Una vida protegida por armaduras

El norte de Paraguay podría albergar la mayor diversidad de fósiles de los primeros animales con esqueleto

056-059_esqueleto_199-1ASandro CastelliEn las cercanías de Puerto Vallemi, una localidad con 9 mil habitantes en el norte de Paraguay, está instalada la única empresa productora  de cemento del país. Ahí, a pocos kilómetros de la ciudad, la Industria Nacional del Cemento excava desde hace décadas un paredón rocoso de 640 metros de altura del cual sale buena parte de la caliza que se utiliza para la construcción civil paraguaya y también el polvo blanco que cubre la ciudad en los días ventosos. Escudriñando las excavaciones de la minera y cavando pozos en las calles de la región, el geólogo brasileño Lucas Warren halló recientemente lo que denomina una “mina de oro de la paleontología”.

Las piedras que trajo de allí y que ahora ocupan una gran mesa en su oficina del Instituto de Geociencias de la Universidad de São Paulo (USP) contienen incrustaciones de pequeñas estructuras alargadas –que tienen, en promedio, 1 centímetro de longitud– que parecen lombrices atrapadas en un bloque de fango reseco por el sol. Pero constituyen algo mucho más raro, que puede encontrarse en poquísimas regiones del mundo. Son fósiles de lo que probablemente fueron los primeros seres vivos con esqueleto que surgieron en el planeta.

Warren, experto en sedimentología y paleontología, estima la edad de los fósiles en 550 millones de años, la misma de las rocas que conforman Puerto Vallemi. El geólogo Eric Tohver, investigador de la University of Western Australia, quien colabora con el equipo de la USP, actualmente intenta datar las rocas que contienen los fósiles mediante de técnicas más precisas. Si se confirmara su edad, esos fósiles estarían entre los más antiguos de animales con esqueleto biomineralizado, junto a los encontrados en Namibia, en el sudoeste de África, que habitaron allí hace 549 millones de años, mientras que fósiles hallados más recientemente en China sugieren que estas clases de animales podrían haber existido incluso mucho antes, aunque la identificación de los mismos aún es incierta.

Son pocas, cinco o seis, las especies conocidas de los primeros seres visibles a simple vista que producían un esqueleto. Y, según los registros fósiles, existieron durante un lapso muy breve, entre 550 y 542 millones de años atrás. En Puerto Vallemi, Warren y el geólogo paraguayo Alberto Cáceres encontraron ejemplares de dos especies ya conocidas y al menos una todavía no descrita por la ciencia. También identificaron vestigios de seres vivos con cuerpo blando que vivieron en la misma época y dejaron marcas similares a rastros impresos en las rocas.

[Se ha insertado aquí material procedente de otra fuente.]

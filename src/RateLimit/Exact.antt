-- ===== src/RateLimit/Exact.antt =====
-- Numbers without rounding in place of float64, for runs of src/services/ratelimit.go.
use native.Mathlib.Nat.{div-mul-le_self}
use bincrypt.Prelude.{ℕ, ◌*◌, ◌/◌, ◌<◌, arith}
use bincrypt.Storage.{second}
use bincrypt.RateLimit.{Floats}
use bincrypt.RateLimit.Rounding.{IsRounded}

-- A pair (n, d) is the fraction n / d.
abbrev pub exact : Floats
exact = record {
  Double = ℕ × ℕ;
  num = λ x. x.0;
  den = λ x. x.1;
  of_nat = λ n. (n, 1);
  truncate = λ x. x.0 / x.1;
  seconds = λ e. (e, second);
  div = λ x y. (x.0 * y.1, x.1 * y.0);
  mul = λ x y. (x.0 * y.0, x.1 * y.1);
}

pub exact-IsRounded : (limit window span : ℕ) → 0 < window → IsRounded exact limit window span
exact-IsRounded limit window span h = record {
  limit_finite = omega arith;
  limit_above = omega arith;
  window_finite = omega arith;
  window_below = omega arith;
  rate_finite = omega arith;
  rate_above = omega arith;
  elapsed_finite = λ e k. omega arith;
  elapsed_above = λ e k. omega arith;
  product_finite = λ e k. omega arith;
  product_above = λ e k. omega arith;
  truncated = λ e k. div-mul-le_self (e * (limit * second)) (second * (1 * window));
}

056-059_esqueleto_199-1BPuede parecer poco, pero no lo es. Hallar registros de dos o más de esas especies viviendo en el mismo período y en la misma región es algo muy raro. Antes que en Vallemi, esa convivencia se había observado en Namibia, Canadá, Brasil, China, Omán y Rusia. “La calidad de los fósiles hallados en Paraguay y la variedad de especies convierten a esta colección en una de las más completas y representativas de la fauna de aquel período”, comenta el paleontólogo Thomas Fairchild, del Instituto de Geociencias (IGc) de la USP, quien, junto con Warren, Mírian Pacheco, Claudio Riccomini, Marcelo Simões y otros colaboradores, describió los fósiles de Puerto Vallemi.

Warren encontró esos fósiles en un área delimitada al oeste por el río Paraguay y al norte por el río Apa, en la frontera con Mato Grosso do Sul, donde los geólogos Paulo Boggiani y Claudio Gaucher ya habían hallado un fósil de uno de esos animales. Muchas de las muestras recolectadas por Warren –algunas ocupan ambas manos abiertas– contienen centenares de esqueletos fosilizados, presos en una capa de casi 1 centímetro de espesor.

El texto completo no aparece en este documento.